### Task goal
As the answer, give a copy of each line below that includes the word "same".
[Source records — start]
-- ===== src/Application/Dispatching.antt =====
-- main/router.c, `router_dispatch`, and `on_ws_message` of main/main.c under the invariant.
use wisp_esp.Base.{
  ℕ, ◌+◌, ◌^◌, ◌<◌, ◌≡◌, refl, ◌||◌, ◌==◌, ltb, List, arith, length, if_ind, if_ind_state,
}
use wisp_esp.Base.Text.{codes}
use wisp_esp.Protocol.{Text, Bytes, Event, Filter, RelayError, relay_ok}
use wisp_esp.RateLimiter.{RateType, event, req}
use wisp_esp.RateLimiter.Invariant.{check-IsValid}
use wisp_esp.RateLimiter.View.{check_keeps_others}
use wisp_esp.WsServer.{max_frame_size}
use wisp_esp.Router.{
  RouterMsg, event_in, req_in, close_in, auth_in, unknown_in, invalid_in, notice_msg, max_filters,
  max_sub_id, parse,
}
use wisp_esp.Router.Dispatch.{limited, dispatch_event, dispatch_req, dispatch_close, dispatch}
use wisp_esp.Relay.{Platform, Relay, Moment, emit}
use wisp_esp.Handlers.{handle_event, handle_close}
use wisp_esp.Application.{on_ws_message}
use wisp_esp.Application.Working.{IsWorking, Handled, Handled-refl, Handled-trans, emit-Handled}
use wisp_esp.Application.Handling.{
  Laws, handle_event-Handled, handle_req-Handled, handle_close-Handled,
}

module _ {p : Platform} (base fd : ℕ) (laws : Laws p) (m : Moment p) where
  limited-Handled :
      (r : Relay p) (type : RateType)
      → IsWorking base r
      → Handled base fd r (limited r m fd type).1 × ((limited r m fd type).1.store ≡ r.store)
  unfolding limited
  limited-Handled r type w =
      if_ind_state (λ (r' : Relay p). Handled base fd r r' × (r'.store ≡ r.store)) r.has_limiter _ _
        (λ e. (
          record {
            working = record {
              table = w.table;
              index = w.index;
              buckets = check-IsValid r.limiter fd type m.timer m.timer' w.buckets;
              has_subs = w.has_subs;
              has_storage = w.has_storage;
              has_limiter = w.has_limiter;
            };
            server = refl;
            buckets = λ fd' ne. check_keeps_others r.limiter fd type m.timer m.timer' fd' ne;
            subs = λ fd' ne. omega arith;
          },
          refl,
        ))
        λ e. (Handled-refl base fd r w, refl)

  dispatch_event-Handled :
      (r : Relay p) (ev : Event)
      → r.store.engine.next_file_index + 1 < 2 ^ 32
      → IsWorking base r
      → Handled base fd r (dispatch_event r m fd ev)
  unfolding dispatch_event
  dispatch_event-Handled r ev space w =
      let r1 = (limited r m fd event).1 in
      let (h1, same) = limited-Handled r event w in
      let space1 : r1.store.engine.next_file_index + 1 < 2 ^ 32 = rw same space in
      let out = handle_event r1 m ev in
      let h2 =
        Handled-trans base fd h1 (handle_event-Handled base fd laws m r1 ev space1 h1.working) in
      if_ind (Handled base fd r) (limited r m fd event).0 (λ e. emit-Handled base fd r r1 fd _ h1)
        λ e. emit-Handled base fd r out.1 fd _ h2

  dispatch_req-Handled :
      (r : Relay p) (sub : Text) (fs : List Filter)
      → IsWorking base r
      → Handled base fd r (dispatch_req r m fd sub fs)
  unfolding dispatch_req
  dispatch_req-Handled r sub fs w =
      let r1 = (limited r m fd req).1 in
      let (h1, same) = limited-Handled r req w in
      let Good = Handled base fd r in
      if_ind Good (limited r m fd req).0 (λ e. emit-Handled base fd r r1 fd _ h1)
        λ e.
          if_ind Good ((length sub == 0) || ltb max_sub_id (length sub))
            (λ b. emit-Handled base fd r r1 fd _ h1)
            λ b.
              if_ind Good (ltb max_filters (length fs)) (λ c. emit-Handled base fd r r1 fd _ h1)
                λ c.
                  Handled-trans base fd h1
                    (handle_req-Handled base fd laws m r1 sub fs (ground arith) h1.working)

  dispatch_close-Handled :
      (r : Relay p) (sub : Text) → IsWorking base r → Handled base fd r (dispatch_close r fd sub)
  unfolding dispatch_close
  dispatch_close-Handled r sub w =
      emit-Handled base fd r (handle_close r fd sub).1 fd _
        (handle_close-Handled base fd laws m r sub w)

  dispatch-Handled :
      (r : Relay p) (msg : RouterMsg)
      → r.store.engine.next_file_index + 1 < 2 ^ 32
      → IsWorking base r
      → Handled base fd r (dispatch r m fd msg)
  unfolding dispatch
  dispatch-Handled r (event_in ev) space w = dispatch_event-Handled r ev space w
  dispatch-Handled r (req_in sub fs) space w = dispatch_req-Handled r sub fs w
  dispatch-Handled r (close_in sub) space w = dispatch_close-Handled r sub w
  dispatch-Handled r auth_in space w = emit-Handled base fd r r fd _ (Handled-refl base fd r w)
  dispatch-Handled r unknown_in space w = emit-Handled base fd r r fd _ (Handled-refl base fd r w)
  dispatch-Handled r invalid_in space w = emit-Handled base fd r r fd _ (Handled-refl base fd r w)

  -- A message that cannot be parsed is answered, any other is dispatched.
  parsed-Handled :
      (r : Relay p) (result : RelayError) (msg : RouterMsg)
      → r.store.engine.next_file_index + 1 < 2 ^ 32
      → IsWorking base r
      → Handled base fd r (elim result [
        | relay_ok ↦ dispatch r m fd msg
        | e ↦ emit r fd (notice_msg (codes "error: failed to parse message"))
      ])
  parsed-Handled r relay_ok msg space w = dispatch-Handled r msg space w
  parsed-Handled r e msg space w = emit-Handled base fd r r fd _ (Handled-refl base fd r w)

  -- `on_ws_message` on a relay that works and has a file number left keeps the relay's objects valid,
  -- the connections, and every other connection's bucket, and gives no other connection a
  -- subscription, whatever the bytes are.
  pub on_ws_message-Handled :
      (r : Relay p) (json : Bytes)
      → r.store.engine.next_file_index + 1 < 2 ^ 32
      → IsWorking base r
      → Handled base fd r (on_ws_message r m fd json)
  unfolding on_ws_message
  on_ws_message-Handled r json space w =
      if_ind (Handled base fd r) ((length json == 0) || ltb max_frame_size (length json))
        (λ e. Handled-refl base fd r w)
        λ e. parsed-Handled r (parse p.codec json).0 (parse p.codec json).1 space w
[Source records — finish]
### Task answer
      let (h1, same) = limited-Handled r event w in
      let space1 : r1.store.engine.next_file_index + 1 < 2 ^ 32 = rw same space in
      let (h1, same) = limited-Handled r req w in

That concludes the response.